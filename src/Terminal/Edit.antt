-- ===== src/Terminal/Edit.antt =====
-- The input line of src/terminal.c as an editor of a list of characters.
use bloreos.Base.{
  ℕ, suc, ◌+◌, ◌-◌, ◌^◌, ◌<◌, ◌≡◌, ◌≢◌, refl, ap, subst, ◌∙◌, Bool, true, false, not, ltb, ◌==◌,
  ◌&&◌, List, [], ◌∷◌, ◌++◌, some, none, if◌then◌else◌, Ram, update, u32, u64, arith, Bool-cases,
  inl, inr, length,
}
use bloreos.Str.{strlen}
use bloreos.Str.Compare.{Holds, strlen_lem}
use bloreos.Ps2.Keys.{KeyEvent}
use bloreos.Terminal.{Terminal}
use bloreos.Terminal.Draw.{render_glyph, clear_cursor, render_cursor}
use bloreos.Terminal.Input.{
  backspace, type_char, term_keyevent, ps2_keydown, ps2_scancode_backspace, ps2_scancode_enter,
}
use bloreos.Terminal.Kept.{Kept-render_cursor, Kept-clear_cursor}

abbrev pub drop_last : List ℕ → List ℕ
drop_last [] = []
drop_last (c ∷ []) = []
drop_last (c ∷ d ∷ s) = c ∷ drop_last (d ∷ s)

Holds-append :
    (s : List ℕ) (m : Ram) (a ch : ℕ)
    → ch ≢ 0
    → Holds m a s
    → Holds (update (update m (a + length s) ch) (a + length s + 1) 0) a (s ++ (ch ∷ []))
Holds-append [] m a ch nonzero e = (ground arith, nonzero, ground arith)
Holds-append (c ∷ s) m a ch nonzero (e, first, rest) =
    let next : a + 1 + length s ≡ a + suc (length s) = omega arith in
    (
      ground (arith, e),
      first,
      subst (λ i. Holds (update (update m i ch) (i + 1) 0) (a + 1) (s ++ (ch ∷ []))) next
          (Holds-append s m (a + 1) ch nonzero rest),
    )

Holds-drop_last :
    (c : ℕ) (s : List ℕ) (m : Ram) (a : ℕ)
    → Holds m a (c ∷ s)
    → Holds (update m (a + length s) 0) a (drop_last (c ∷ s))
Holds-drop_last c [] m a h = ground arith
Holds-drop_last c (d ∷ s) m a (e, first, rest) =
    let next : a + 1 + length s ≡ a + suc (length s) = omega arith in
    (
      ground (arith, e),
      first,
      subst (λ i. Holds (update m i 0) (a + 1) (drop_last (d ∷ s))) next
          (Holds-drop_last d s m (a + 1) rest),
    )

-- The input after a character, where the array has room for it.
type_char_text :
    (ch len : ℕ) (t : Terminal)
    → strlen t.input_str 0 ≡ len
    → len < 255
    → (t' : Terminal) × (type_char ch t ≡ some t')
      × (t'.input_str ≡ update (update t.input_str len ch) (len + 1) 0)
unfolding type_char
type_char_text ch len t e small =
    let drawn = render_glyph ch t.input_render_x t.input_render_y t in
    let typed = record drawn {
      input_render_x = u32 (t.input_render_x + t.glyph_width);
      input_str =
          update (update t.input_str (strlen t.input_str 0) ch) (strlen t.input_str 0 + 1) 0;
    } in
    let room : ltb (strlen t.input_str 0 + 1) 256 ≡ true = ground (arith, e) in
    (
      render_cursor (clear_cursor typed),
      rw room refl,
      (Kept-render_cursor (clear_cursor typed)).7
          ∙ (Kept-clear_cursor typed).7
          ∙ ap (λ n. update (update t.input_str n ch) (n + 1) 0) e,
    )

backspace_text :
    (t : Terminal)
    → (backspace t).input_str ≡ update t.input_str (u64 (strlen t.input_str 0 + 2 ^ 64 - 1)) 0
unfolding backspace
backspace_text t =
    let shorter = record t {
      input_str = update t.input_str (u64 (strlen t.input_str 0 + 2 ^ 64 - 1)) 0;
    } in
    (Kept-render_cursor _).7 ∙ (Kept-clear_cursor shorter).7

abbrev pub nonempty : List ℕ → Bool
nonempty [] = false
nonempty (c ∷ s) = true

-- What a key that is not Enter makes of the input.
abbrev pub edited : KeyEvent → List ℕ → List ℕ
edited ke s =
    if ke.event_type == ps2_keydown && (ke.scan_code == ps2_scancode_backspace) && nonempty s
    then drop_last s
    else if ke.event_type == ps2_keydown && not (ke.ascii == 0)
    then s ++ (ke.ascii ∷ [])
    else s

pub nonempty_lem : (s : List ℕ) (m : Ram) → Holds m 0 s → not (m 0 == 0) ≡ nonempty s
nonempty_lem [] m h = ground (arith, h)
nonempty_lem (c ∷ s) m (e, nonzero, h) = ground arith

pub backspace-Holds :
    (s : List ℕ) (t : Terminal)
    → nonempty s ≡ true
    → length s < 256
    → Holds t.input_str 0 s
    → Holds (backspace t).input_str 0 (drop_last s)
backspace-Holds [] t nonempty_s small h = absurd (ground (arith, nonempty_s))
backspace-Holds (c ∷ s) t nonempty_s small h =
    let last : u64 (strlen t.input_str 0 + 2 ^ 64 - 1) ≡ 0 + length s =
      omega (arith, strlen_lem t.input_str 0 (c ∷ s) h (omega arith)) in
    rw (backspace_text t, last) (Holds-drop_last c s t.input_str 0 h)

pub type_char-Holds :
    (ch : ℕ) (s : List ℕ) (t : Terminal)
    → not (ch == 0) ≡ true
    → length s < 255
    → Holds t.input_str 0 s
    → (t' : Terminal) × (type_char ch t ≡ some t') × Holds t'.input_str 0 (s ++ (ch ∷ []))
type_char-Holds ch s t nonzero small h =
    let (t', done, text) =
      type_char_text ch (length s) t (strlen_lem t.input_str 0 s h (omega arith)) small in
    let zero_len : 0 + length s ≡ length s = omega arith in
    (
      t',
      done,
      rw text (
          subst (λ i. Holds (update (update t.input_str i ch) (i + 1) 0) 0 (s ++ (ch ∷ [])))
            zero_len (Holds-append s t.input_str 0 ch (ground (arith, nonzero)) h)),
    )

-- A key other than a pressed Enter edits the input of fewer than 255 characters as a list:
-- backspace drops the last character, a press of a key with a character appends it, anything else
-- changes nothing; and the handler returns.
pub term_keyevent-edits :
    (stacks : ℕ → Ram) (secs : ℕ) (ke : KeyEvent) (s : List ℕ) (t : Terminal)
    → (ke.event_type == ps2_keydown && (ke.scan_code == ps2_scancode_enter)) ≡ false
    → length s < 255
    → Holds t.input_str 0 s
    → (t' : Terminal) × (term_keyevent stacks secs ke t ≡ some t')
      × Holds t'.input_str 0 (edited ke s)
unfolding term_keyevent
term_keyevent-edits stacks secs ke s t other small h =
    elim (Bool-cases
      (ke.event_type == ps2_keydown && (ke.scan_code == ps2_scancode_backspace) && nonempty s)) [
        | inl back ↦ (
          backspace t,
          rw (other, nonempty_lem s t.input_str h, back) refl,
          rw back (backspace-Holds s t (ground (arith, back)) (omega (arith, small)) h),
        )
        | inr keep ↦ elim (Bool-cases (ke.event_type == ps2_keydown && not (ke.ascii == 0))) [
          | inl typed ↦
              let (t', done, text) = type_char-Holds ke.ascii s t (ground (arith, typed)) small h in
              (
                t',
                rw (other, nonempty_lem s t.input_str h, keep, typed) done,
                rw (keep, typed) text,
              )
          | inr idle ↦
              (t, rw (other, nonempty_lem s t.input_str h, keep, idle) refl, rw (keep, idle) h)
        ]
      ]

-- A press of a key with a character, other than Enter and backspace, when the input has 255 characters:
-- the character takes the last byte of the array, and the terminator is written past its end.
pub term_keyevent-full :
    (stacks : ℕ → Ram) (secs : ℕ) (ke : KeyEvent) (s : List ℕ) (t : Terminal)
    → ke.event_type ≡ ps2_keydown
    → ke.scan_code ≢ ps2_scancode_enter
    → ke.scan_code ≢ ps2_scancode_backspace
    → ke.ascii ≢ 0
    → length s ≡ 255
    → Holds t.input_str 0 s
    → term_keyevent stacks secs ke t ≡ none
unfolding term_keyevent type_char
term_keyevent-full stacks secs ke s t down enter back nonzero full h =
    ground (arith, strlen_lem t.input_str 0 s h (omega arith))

▸ WORK INSTRUCTION: Each line that includes the string "abbrev" should be copied from the data.

▸ SOLUTION TO THIS EXERCISE:
abbrev pub drop_last : List ℕ → List ℕ
abbrev pub nonempty : List ℕ → Bool
abbrev pub edited : KeyEvent → List ℕ → List ℕ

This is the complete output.